Opportunistic STARTTLS is defeated by MITM attacks downgrading to plain-text, and the horrific trust-any default policy gets defeated by any self-signed or private certificate in the middle.
Let us enforce inbound / outbound STARTTLS and Mail eXanger certificate verification, shall we?
MTA-STS is NOT a solution.
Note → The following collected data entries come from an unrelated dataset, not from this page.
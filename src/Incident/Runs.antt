-- ===== src/Incident/Runs.antt =====
-- incident_environment.py: every sequence of actions keeps the invariant of the environment.
use agent_learning_loop.Base.{String, List, [], ◌∷◌, contains, Stdlib, ◌≡◌, refl, if_intro}
use agent_learning_loop.Incident.Names.{IncidentToolName, incident_tool_eq}
use agent_learning_loop.Incident.Contracts.{IncidentAction, IncidentTaskFixture}
use agent_learning_loop.Incident.Environment.{IncidentEnvironment, Answer, start}
use agent_learning_loop.Incident.Execute.{dispatch, execute, execute_all}
use agent_learning_loop.Incident.Sound.{IsSound, start-IsSound}
use agent_learning_loop.Incident.Kept.{
  reject-IsSound, get_service_status-IsSound, read_service_logs-IsSound,
  inspect_service_config-IsSound, request_approval-IsSound, acknowledge-IsSound, escalate-IsSound,
}
use agent_learning_loop.Incident.Mutated.{restart_service-IsSound, set_feature_flag-IsSound}

module _ (lib : Stdlib) (redact : String → String) where
  dispatch-IsSound :
      (tool : IncidentToolName) (action : IncidentAction) (e : IncidentEnvironment)
      → action.tool_name ≡ tool
      → IsSound e
      → IsSound (dispatch lib redact tool action e).1
  dispatch-IsSound IncidentToolName.get_service_status a e t h = get_service_status-IsSound a e h
  dispatch-IsSound IncidentToolName.read_service_logs a e t h =
      read_service_logs-IsSound redact a e h
  dispatch-IsSound IncidentToolName.inspect_service_config a e t h =
      inspect_service_config-IsSound a e h
  dispatch-IsSound IncidentToolName.request_approval a e t h = request_approval-IsSound lib a e h
  dispatch-IsSound IncidentToolName.set_feature_flag a e t h = set_feature_flag-IsSound lib a e t h
  dispatch-IsSound IncidentToolName.restart_simulated_service a e t h =
      restart_service-IsSound lib a e t h
  dispatch-IsSound IncidentToolName.acknowledge_incident a e t h = acknowledge-IsSound a e h
  dispatch-IsSound IncidentToolName.escalate_incident a e t h = escalate-IsSound a e h

  execute-IsSound :
      (action : IncidentAction) (e : IncidentEnvironment)
      → IsSound e
      → IsSound (execute lib redact action e).1
  unfolding execute
  execute-IsSound action e h =
      if_intro (λ (x : Answer). IsSound x.1)
        (contains e.fixture.task.allowed_tools action.tool_name) _ _
        (λ _. dispatch-IsSound action.tool_name action e refl h)
        (λ _. reject-IsSound action _ "task" e h)

  runs-IsSound :
      (actions : List IncidentAction) (e : IncidentEnvironment)
      → IsSound e
      → IsSound (execute_all lib redact actions e)
  unfolding execute_all
  runs-IsSound [] e h = h
  runs-IsSound (action ∷ actions) e h = runs-IsSound actions _ (execute-IsSound action e h)

-- After any sequence of actions from the start of an incident, whether they are accepted, rejected or
-- raise an exception: the audit is numbered from 0, all of one run and task; each physical mutation
-- has an approval of the same approval id, tool, target and action fingerprint before it; an operation
-- id is remembered exactly if it mutated, and then it mutated once; and each counter is the number of
-- physical mutations at its service or flag.
pub execute_all-IsSound :
    (lib : Stdlib) (redact : String → String) (actions : List IncidentAction)
    (fixture : IncidentTaskFixture) (run_id : String)
    → IsSound (execute_all lib redact actions (start fixture run_id))
execute_all-IsSound lib redact actions fixture run_id =
    runs-IsSound lib redact actions _ (start-IsSound fixture run_id)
Outbound MTA which don’t talk STARTTLS to their peers would also omit to check for an _mta-sts
record.
This is nonsense from Google and Microsoft at the IETF, just like for OAuth2.
Using an additional protocol (namely HTTP itself protected by PKIX) for securing SMTP does not enforce ESMTPS, let alone certificate validation.
Enable MTA-STS if you wish, but unless you make STARTTLS and a valid trust chain mandatory at the SMTP level, some clear-text messages will still pass through your network pipes.
Inbound MX
530 5.7.0 Must issue a STARTTLS command first (https://nethence.com/smtp/)
_mta-sts IN TXT "STARTTLS is enforced anyhow (https://nethence.com/smtp/)"
Outbound relay
Recipient's Mail eXchanger does not offer STARTTLS capability (https://nethence.com/smtp/)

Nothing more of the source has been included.